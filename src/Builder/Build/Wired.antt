-- ===== src/Builder/Build/Wired.antt =====
-- What a build that succeeds has set up.
use sputter_os.Prelude.{
  Option-cases, take_all, length-append, ℕ, zero, suc, ◌+◌, ◌*◌, ◌<◌, ◌≤◌, ◌≡◌, refl, sym, ◌∙◌, ap,
  arith, true, false, List, [], ◌∷◌, ◌++◌, Option, none, some, ltb, ◌==◌, length, take, All,
  Bool-cases, inl, inr, append_assoc, append-nil, ge→ltb, lt→ltb, ==_iff, ltb→lt, length-append,
  take_all, take_ge, take-take_le,
}
use sputter_os.Kernel.State.{Machine, unconfigured, configured, transition_to, is_allowed}
use sputter_os.Builder.Checks.{Pinned, BuildError}
use sputter_os.Builder.Topology.{max_tasks_per_core}
use sputter_os.Builder.Build.{
  TimerSetup, Setup, Static, set_timer, set_timers, task_ids, crunch_ids, push_all, max_monitored,
  create_kernel, set_monitored_tasks, timed_ids, give_monitored, give_clock, give_window, configure,
  conclude, check_and_configure, build,
}
use sputter_os.Builder.Build.Order.{build_cases}

module _ {C : Type 0} (change : TimerSetup C → TimerSetup C) (P : TimerSetup C → Type 0) where
  -- What each change keeps, the loop keeps.
  set_timers-keep :
      ((t : TimerSetup C) → P t → P (change t))
      → (ids : List ℕ) (timers : ℕ → TimerSetup C) (a : ℕ) → P (timers a)
      → P (set_timers change ids timers a)
  unfolding set_timers set_timer
  set_timers-keep kept [] timers a h = h
  set_timers-keep kept (b ∷ ids) timers a h =
      set_timers-keep kept ids (set_timer change b timers) a
        (elim (Bool-cases (a == b)) [ inl e ↦ rw e (kept (timers a) h) | inr e ↦ rw e h ])

  -- What each change brings about holds of all tasks of the loop.
  set_timers-All :
      ((t : TimerSetup C) → P (change t))
      → (ids : List ℕ) (timers : ℕ → TimerSetup C)
      → All (λ a. P (set_timers change ids timers a)) ids
  unfolding set_timers
  set_timers-All makes [] timers = tt
  set_timers-All makes (b ∷ ids) timers = (
    set_timers-keep (λ t h. makes t) ids (set_timer change b timers) b
        (unfold set_timer in rw ((==_iff b b).1 refl) (makes (timers b))),
    set_timers-All makes ids (set_timer change b timers),
  )

All-map : {P Q : ℕ → Type 0} → ((a : ℕ) → P a → Q a) → (xs : List ℕ) → All P xs → All Q xs
All-map f [] h = tt
All-map f (x ∷ xs) (h, hs) = (f x h, All-map f xs hs)

All-both : (P Q : ℕ → Type 0) (xs : List ℕ) → All P xs → All Q xs → All (λ a. P a × Q a) xs
All-both P Q [] h k = tt
All-both P Q (x ∷ xs) (h, hs) (k, ks) = ((h, k), All-both P Q xs hs ks)

push_all_full :
    (limit : ℕ) (held ids : List ℕ) → limit ≤ length held → push_all limit held ids ≡ held
unfolding push_all
push_all_full limit held [] h = refl
push_all_full limit held (id ∷ ids) h =
    rw (ge→ltb (length held) limit h) (push_all_full limit held ids h)

-- `s_allTasks` takes the tasks that it has room for.
push_all-take :
    (room limit : ℕ) (held ids : List ℕ)
    → limit ≡ length held + room
    → push_all limit held ids ≡ held ++ take room ids
unfolding push_all
push_all-take zero limit held ids e =
    push_all_full limit held ids (omega arith) ∙ sym (append-nil held)
push_all-take (suc room) limit held [] e = sym (append-nil held)
push_all-take (suc room) limit held (id ∷ ids) e =
    let fits = lt→ltb (length held) limit (omega arith) in
    let ih =
      push_all-take room limit (held ++ id ∷ []) ids
        (omega (arith, length-append held (id ∷ []))) in
    rw fits (ih ∙ append_assoc held (id ∷ []) (take room ids))

set_monitored_tasks-take : (ids : List ℕ) → set_monitored_tasks ids ≡ take max_monitored ids
unfolding set_monitored_tasks
set_monitored_tasks-take ids = elim (Bool-cases (ltb (length ids) max_monitored)) [
  | inl few ↦ rw few (
      take_all ids
      ∙ sym (take_ge max_monitored ids (omega (arith, ltb→lt (length ids) max_monitored few))))
  | inr many ↦ rw many refl
]

module _ {C : Type 0} (s : Setup C) (source : C) where
  abbrev clocked_timer : TimerSetup C → TimerSetup C
  clocked_timer t = record t { clock = some source }

  abbrev windowed_timer : TimerSetup C → TimerSetup C
  windowed_timer t = record t { window_us = s.metrics_window_us }

  -- Both loops, one after the other.
  both_loops :
      (ids : List ℕ) (timers : ℕ → TimerSetup C)
      → let wired = set_timers windowed_timer ids (set_timers clocked_timer ids timers) in
        All (λ a. ((wired a).clock ≡ some source) × ((wired a).window_us ≡ s.metrics_window_us)) ids
  both_loops ids timers =
      let timers' = set_timers clocked_timer ids timers in
      let wired = set_timers windowed_timer ids timers' in
      let clocks =
        set_timers-All clocked_timer (λ t. t.clock ≡ some source) (λ t. refl) ids timers in
      let kept = λ (a : ℕ) (h : (timers' a).clock ≡ some source).
        set_timers-keep windowed_timer (λ t. t.clock ≡ some source) (λ t k. k) ids timers' a h in
      All-both (λ a. (wired a).clock ≡ some source) (λ a. (wired a).window_us ≡ s.metrics_window_us)
        ids (All-map kept ids clocks)
        (set_timers-All windowed_timer (λ t. t.window_us ≡ s.metrics_window_us) (λ t. refl) ids
          timers')

module _ {F C : Type 0} (s : Setup C) (source : C) where
  -- A system that is ready to start: it is built, each task's timer has the clock source and the window
  -- of the configuration, and so has the system timer the source; `s_allTasks` lists the tasks core by
  -- core, and the diagnostics task watches the first 16 of them; it has the telemetry drain if there
  -- is one, the watchdog function is the builder's, and the kernel is in `CONFIGURED`.
  pub record IsReady (b : Static F C) : Type 0 where
    pub built : b.is_built ≡ true
    pub timed :
        All
          (λ a. ((b.timers a).clock ≡ some source) × ((b.timers a).window_us ≡ s.metrics_window_us))
          (timed_ids b)
    pub system_timed : b.system_clock ≡ some source
    pub listed : b.monitored ≡ take (s.core_count * max_tasks_per_core) (task_ids b.cores)
    pub watches : b.watched ≡ take max_monitored (task_ids b.cores)
    pub drained : b.drain_wired ≡ b.has_drain
    pub kicks : b.kick_fn ≡ s.watchdog_kick
    pub in_configured : b.machine.state ≡ configured

  -- The end of a build, once the list of the monitored tasks is made.
  wired-IsReady :
      (b : Static F C) (m : Machine F)
      → s.clock_source ≡ some source
      → b.monitored ≡ take (s.core_count * max_tasks_per_core) (task_ids b.cores)
      → b.watched ≡ take max_monitored (task_ids b.cores)
      → b.drain_wired ≡ b.has_drain
      → b.kick_fn ≡ s.watchdog_kick
      → m.state ≡ configured
      → IsReady (record (give_window s (give_clock s b)) { is_built = true; machine = m })
  unfolding give_window give_clock timed_ids
  wired-IsReady b m clocked listed watches drained kicks in_configured = rw clocked record {
    built = refl;
    timed = both_loops s source (task_ids b.cores ++ (b.background ++ crunch_ids b.cores)) b.timers;
    system_timed = refl;
    listed = listed;
    watches = watches;
    drained = drained;
    kicks = kicks;
    in_configured = in_configured;
  }

  to_configured :
      (to_float : ℕ → F) (m : Machine F)
      → m.state ≡ unconfigured
      → (transition_to to_float m configured).1.state ≡ configured
  unfolding transition_to is_allowed
  to_configured to_float m new = rw new refl

  wired_state :
      (b : Static F C)
      → b.machine.state ≡ unconfigured
      → (give_window s (give_clock s b)).machine.state ≡ unconfigured
  unfolding give_window give_clock
  wired_state b new = elim (Option-cases s.clock_source) [
    | inl e ↦ rw e new
    | inr (c, e) ↦ rw e new
  ]

  abbrev all_ids : Static F C → List ℕ
  all_ids b = push_all (s.core_count * max_tasks_per_core) [] (task_ids b.cores)

  give_monitored-app :
      (b : Static F C)
      → s.has_app ≡ true
      → give_monitored s b
        ≡ record b { monitored = all_ids b; watched = set_monitored_tasks (all_ids b) }
  unfolding give_monitored
  give_monitored-app b app = simp app

  configure-IsReady :
      (to_float : ℕ → F) (b : Static F C)
      → s.has_app ≡ true
      → 0 < s.core_count
      → s.clock_source ≡ some source
      → b.drain_wired ≡ b.has_drain
      → b.kick_fn ≡ s.watchdog_kick
      → b.machine.state ≡ unconfigured
      → IsReady (configure to_float s b)
  unfolding configure
  configure-IsReady to_float b app some_core clocked drained kicks new =
      let limit = s.core_count * max_tasks_per_core in
      let ids = task_ids b.cores in
      let listed = push_all-take limit limit [] ids (omega arith) in
      let watches : set_monitored_tasks (all_ids b) ≡ take max_monitored ids =
        set_monitored_tasks-take (all_ids b)
        ∙ ap (take max_monitored) listed
        ∙ take-take_le max_monitored limit ids (omega arith) in
      let b' = record b { monitored = all_ids b; watched = set_monitored_tasks (all_ids b) } in
      rw (give_monitored-app b app) (
        wired-IsReady b' _ clocked listed watches drained kicks
          (to_configured to_float _ (wired_state b' new)))

module _ {F C : Type 0} (to_float : ℕ → F) (divide : F → F → F) (dflt : Pinned) (s : Setup C) where
  conclude_passed :
      (error : Option BuildError) (b b' : Static F C)
      → conclude to_float s error b ≡ (none, b')
      → b' ≡ configure to_float s b
  unfolding conclude
  conclude_passed none b b' h = ap (λ x. x.1) (sym h)
  conclude_passed (some e) b b' h = absurd (ground arith)

  passed_configured :
      (b b' : Static F C)
      → check_and_configure to_float divide dflt s b ≡ (none, b')
      → (checked : Static F C) × (b' ≡ configure to_float s checked)
        × (checked.machine.state ≡ b.machine.state)
        × (checked.has_drain ≡ b.has_drain)
        × (checked.drain_wired ≡ b.drain_wired)
        × (checked.kick_fn ≡ b.kick_fn)
  unfolding check_and_configure
  passed_configured b b' h = (_, conclude_passed _ _ b' h, refl, refl, refl, refl)

  -- What the kernel's tasks are given when they are created.
  created_with :
      (b created : Static F C)
      → s.has_app ≡ true
      → create_kernel s b ≡ some created
      → (created.machine.state ≡ b.machine.state)
        × (created.drain_wired ≡ created.has_drain)
        × (created.kick_fn ≡ s.watchdog_kick)
  unfolding create_kernel
  created_with b created app e = elim (Bool-cases (ltb (length b.background) s.max_background)) [
    | inl room ↦ ground (arith, app, room)
    | inr full ↦ absurd (ground (arith, app, full))
  ]

  -- A build that succeeds on a kernel in `UNCONFIGURED`, with an application, a clock source and at least
  -- one core, leaves a system that is built, with the kernel in `CONFIGURED`: each task's timer has the
  -- clock source and the window, and so has the system timer the source; the tasks are listed core by
  -- core, and the diagnostics task watches the first 16 of them and has the drain if
  -- one is set; and the watchdog function is the builder's.
  pub build-IsReady :
      (b b' : Static F C) (source : C)
      → s.has_app ≡ true
      → 0 < s.core_count
      → s.clock_source ≡ some source
      → b.is_built ≡ false
      → b.machine.state ≡ unconfigured
      → build to_float divide dflt s b ≡ some (none, b')
      → IsReady s source b'
  build-IsReady b b' source app some_core clocked new fresh e =
      let (created, k, done) = build_cases to_float divide dflt s b b' none new e in
      let (checked, is, state, has, wired, kick) = passed_configured created b' done in
      let (state', wired', kick') = created_with b created app k in
      rw is (
        configure-IsReady s source to_float checked app some_core clocked
          (wired ∙ (wired' ∙ sym has)) (kick ∙ kick') (state ∙ (state' ∙ fresh)))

> [Work task] Give nothing but the count of lines in the listing above that hold the string "first".

> [Written answer] 2